• [PROBLEM TO SOLVE]: The entries below need to be transcribed verbatim.

• [DATA TO USE]:

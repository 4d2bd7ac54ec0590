-- ===== src/Base/Positions.antt =====
-- Reading a list at a position after a write or an extension.
use Prim.Native.Nat.{ℕ, zero, suc}
use mathlib.Core.Path.{◌≡◌, refl, ap}
use mathlib.Core.Logic.{◌≢◌, ◌⊎◌, inl, inr}
use mathlib.Core.List.{List, [], ◌∷◌, ◌++◌}
use mathlib.Core.Option.{none, some}
use native.Mathlib.Omega.{arith}
use yuliya_bachelorarbeit.Base.Lists.{length, get_elem?, set}

module _ {A : Type 0} where
  -- What stands in a list after a write: the new element at its place, and the old ones elsewhere.
  pub set_cases :
      (xs : List A) (i j : ℕ) (v u : A)
      → get_elem? (set xs i v) j ≡ some u
      → ((i ≡ j) × (u ≡ v)) ⊎ ((i ≢ j) × (get_elem? xs j ≡ some u))
  set_cases [] i j v u e = absurd (ground (arith, e))
  set_cases (x ∷ xs) zero zero v u e = inl (refl, ground (arith, e))
  set_cases (x ∷ xs) zero (suc j) v u e = inr ((λ h. absurd (omega arith)), e)
  set_cases (x ∷ xs) (suc i) zero v u e = inr ((λ h. absurd (omega arith)), e)
  set_cases (x ∷ xs) (suc i) (suc j) v u e = elim (set_cases xs i j v u e) [
    | inl (same, new) ↦ inl (ap suc same, new)
    | inr (other, old) ↦ inr ((λ h. other (omega arith)), old)
  ]

  pub get_elem?-set_ne :
      (xs : List A) (i j : ℕ) (v : A) → i ≢ j → get_elem? (set xs i v) j ≡ get_elem? xs j
  get_elem?-set_ne [] i j v ne = refl
  get_elem?-set_ne (x ∷ xs) zero zero v ne = absurd (ne refl)
  get_elem?-set_ne (x ∷ xs) zero (suc j) v ne = refl
  get_elem?-set_ne (x ∷ xs) (suc i) zero v ne = refl
  get_elem?-set_ne (x ∷ xs) (suc i) (suc j) v ne = get_elem?-set_ne xs i j v (λ h. ne (ap suc h))

  pub get_elem?-set_at :
      (xs : List A) (i : ℕ) (v u : A) → get_elem? xs i ≡ some u → get_elem? (set xs i v) i ≡ some v
  get_elem?-set_at [] i v u e = absurd (ground (arith, e))
  get_elem?-set_at (x ∷ xs) zero v u e = refl
  get_elem?-set_at (x ∷ xs) (suc i) v u e = get_elem?-set_at xs i v u e

  pub get_elem?-append_left :
      (xs ys : List A) (i : ℕ) (u : A) → get_elem? xs i ≡ some u → get_elem? (xs ++ ys) i ≡ some u
  get_elem?-append_left [] ys i u e = absurd (ground (arith, e))
  get_elem?-append_left (x ∷ xs) ys zero u e = e
  get_elem?-append_left (x ∷ xs) ys (suc i) u e = get_elem?-append_left xs ys i u e

  pub get_elem?-append_end : (xs : List A) (v : A) → get_elem? (xs ++ v ∷ []) (length xs) ≡ some v
  get_elem?-append_end [] v = refl
  get_elem?-append_end (x ∷ xs) v = get_elem?-append_end xs v

  pub append_cases :
      (xs : List A) (i : ℕ) (v u : A)
      → get_elem? (xs ++ v ∷ []) i ≡ some u
      → (u ≡ v) ⊎ (get_elem? xs i ≡ some u)
  append_cases [] zero v u e = inl (ground (arith, e))
  append_cases [] (suc i) v u e = absurd (ground (arith, e))
  append_cases (x ∷ xs) zero v u e = inr e
  append_cases (x ∷ xs) (suc i) v u e = append_cases xs i v u e

  pub get_elem?-length : (xs : List A) → get_elem? xs (length xs) ≡ none
  get_elem?-length [] = refl
  get_elem?-length (x ∷ xs) = get_elem?-length xs
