-- ===== src/Base/Dict.antt =====
-- Go's `map` with string keys, as a list of entries in the order in which `range` visits them. Go
-- leaves that order open; a theorem that holds for every such list holds for every order.
use Prim.Native.String.{String}
use mathlib.Core.Path.{◌≡◌, refl}
use mathlib.Core.List.{List, [], ◌∷◌}
use mathlib.Core.Option.{Option, none, some}
use native.Mathlib.Omega.{arith}
use text.Mathlib.Text.{◌==◌}
use text.Mathlib.TextEquality.{eq_iff}
use yuliya_bachelorarbeit.Base.Tests.{if◌then◌else◌}

abbrev pub Dict {ℓ} : Type ℓ → Type ℓ
Dict V = List (String × V)

-- m[key] with its second result
unfoldable pub lookup {ℓ} : {V : Type ℓ} → String → Dict V → Option V
lookup key [] = none
lookup key (entry ∷ rest) = if entry.0 == key then some entry.1 else lookup key rest

-- m[key] = value
unfoldable pub insert {ℓ} : {V : Type ℓ} → String → V → Dict V → Dict V
insert key value [] = (key, value) ∷ []
insert key value (entry ∷ rest) =
    let later = insert key value rest in
    if entry.0 == key then (entry.0, value) ∷ rest else entry ∷ later

-- delete(m, key)
unfoldable pub remove {ℓ} : {V : Type ℓ} → String → Dict V → Dict V
remove key [] = []
remove key (entry ∷ rest) =
    let kept = remove key rest in if entry.0 == key then kept else entry ∷ kept

pub lookup-insert {ℓ} :
    {V : Type ℓ} (key at : String) (value : V) (entries : Dict V)
    → lookup at (insert key value entries) ≡ (if key == at then some value else lookup at entries)
unfolding lookup insert
lookup-insert key at value [] = refl
lookup-insert key at value (entry ∷ rest) =
    ground
      (arith, lookup-insert key at value rest, eq_iff entry.0 key, eq_iff entry.0 at, eq_iff key at)

pub lookup-remove {ℓ} :
    {V : Type ℓ} (key at : String) (entries : Dict V)
    → lookup at (remove key entries) ≡ (if key == at then none else lookup at entries)
unfolding lookup remove
lookup-remove key at [] = ground arith
lookup-remove key at (entry ∷ rest) =
    ground (arith, lookup-remove key at rest, eq_iff entry.0 key, eq_iff entry.0 at, eq_iff key at)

• [ANSWER TO THE PROBLEM]:
repository 4d2bd7ac54ec0590
-- ===== src/Base/Positions.antt =====
-- Reading a list at a position after a write or an extension.
use Prim.Native.Nat.{ℕ, zero, suc}
use mathlib.Core.Path.{◌≡◌, refl, ap}
use mathlib.Core.Logic.{◌≢◌, ◌⊎◌, inl, inr}
use mathlib.Core.List.{List, [], ◌∷◌, ◌++◌}
use mathlib.Core.Option.{none, some}
use native.Mathlib.Omega.{arith}
use yuliya_bachelorarbeit.Base.Lists.{length, get_elem?, set}

module _ {A : Type 0} where
  -- What stands in a list after a write: the new element at its place, and the old ones elsewhere.
  pub set_cases :
      (xs : List A) (i j : ℕ) (v u : A)
      → get_elem? (set xs i v) j ≡ some u
      → ((i ≡ j) × (u ≡ v)) ⊎ ((i ≢ j) × (get_elem? xs j ≡ some u))
  set_cases [] i j v u e = absurd (ground (arith, e))
  set_cases (x ∷ xs) zero zero v u e = inl (refl, ground (arith, e))
  set_cases (x ∷ xs) zero (suc j) v u e = inr ((λ h. absurd (omega arith)), e)
  set_cases (x ∷ xs) (suc i) zero v u e = inr ((λ h. absurd (omega arith)), e)
  set_cases (x ∷ xs) (suc i) (suc j) v u e = elim (set_cases xs i j v u e) [
    | inl (same, new) ↦ inl (ap suc same, new)
    | inr (other, old) ↦ inr ((λ h. other (omega arith)), old)
  ]

  pub get_elem?-set_ne :
      (xs : List A) (i j : ℕ) (v : A) → i ≢ j → get_elem? (set xs i v) j ≡ get_elem? xs j
  get_elem?-set_ne [] i j v ne = refl
  get_elem?-set_ne (x ∷ xs) zero zero v ne = absurd (ne refl)
  get_elem?-set_ne (x ∷ xs) zero (suc j) v ne = refl
  get_elem?-set_ne (x ∷ xs) (suc i) zero v ne = refl
  get_elem?-set_ne (x ∷ xs) (suc i) (suc j) v ne = get_elem?-set_ne xs i j v (λ h. ne (ap suc h))

  pub get_elem?-set_at :
      (xs : List A) (i : ℕ) (v u : A) → get_elem? xs i ≡ some u → get_elem? (set xs i v) i ≡ some v
  get_elem?-set_at [] i v u e = absurd (ground (arith, e))
  get_elem?-set_at (x ∷ xs) zero v u e = refl
  get_elem?-set_at (x ∷ xs) (suc i) v u e = get_elem?-set_at xs i v u e

  pub get_elem?-append_left :
      (xs ys : List A) (i : ℕ) (u : A) → get_elem? xs i ≡ some u → get_elem? (xs ++ ys) i ≡ some u
  get_elem?-append_left [] ys i u e = absurd (ground (arith, e))
  get_elem?-append_left (x ∷ xs) ys zero u e = e
  get_elem?-append_left (x ∷ xs) ys (suc i) u e = get_elem?-append_left xs ys i u e

  pub get_elem?-append_end : (xs : List A) (v : A) → get_elem? (xs ++ v ∷ []) (length xs) ≡ some v
  get_elem?-append_end [] v = refl
  get_elem?-append_end (x ∷ xs) v = get_elem?-append_end xs v

  pub append_cases :
      (xs : List A) (i : ℕ) (v u : A)
      → get_elem? (xs ++ v ∷ []) i ≡ some u
      → (u ≡ v) ⊎ (get_elem? xs i ≡ some u)
  append_cases [] zero v u e = inl (ground (arith, e))
  append_cases [] (suc i) v u e = absurd (ground (arith, e))
  append_cases (x ∷ xs) zero v u e = inr e
  append_cases (x ∷ xs) (suc i) v u e = append_cases xs i v u e

  pub get_elem?-length : (xs : List A) → get_elem? xs (length xs) ≡ none
  get_elem?-length [] = refl
  get_elem?-length (x ∷ xs) = get_elem?-length xs
-- ===== src/Base/Dict.antt =====
-- Go's `map` with string keys, as a list of entries in the order in which `range` visits them. Go
-- leaves that order open; a theorem that holds for every such list holds for every order.
use Prim.Native.String.{String}
use mathlib.Core.Path.{◌≡◌, refl}
use mathlib.Core.List.{List, [], ◌∷◌}
use mathlib.Core.Option.{Option, none, some}
use native.Mathlib.Omega.{arith}
use text.Mathlib.Text.{◌==◌}
use text.Mathlib.TextEquality.{eq_iff}
use yuliya_bachelorarbeit.Base.Tests.{if◌then◌else◌}

abbrev pub Dict {ℓ} : Type ℓ → Type ℓ
Dict V = List (String × V)

-- m[key] with its second result
unfoldable pub lookup {ℓ} : {V : Type ℓ} → String → Dict V → Option V
lookup key [] = none
lookup key (entry ∷ rest) = if entry.0 == key then some entry.1 else lookup key rest

-- m[key] = value
unfoldable pub insert {ℓ} : {V : Type ℓ} → String → V → Dict V → Dict V
insert key value [] = (key, value) ∷ []
insert key value (entry ∷ rest) =
    let later = insert key value rest in
    if entry.0 == key then (entry.0, value) ∷ rest else entry ∷ later

-- delete(m, key)
unfoldable pub remove {ℓ} : {V : Type ℓ} → String → Dict V → Dict V
remove key [] = []
remove key (entry ∷ rest) =
    let kept = remove key rest in if entry.0 == key then kept else entry ∷ kept

pub lookup-insert {ℓ} :
    {V : Type ℓ} (key at : String) (value : V) (entries : Dict V)
    → lookup at (insert key value entries) ≡ (if key == at then some value else lookup at entries)
unfolding lookup insert
lookup-insert key at value [] = refl
lookup-insert key at value (entry ∷ rest) =
    ground
      (arith, lookup-insert key at value rest, eq_iff entry.0 key, eq_iff entry.0 at, eq_iff key at)

pub lookup-remove {ℓ} :
    {V : Type ℓ} (key at : String) (entries : Dict V)
    → lookup at (remove key entries) ≡ (if key == at then none else lookup at entries)
unfolding lookup remove
lookup-remove key at [] = ground arith
lookup-remove key at (entry ∷ rest) =
    ground (arith, lookup-remove key at rest, eq_iff entry.0 key, eq_iff entry.0 at, eq_iff key at)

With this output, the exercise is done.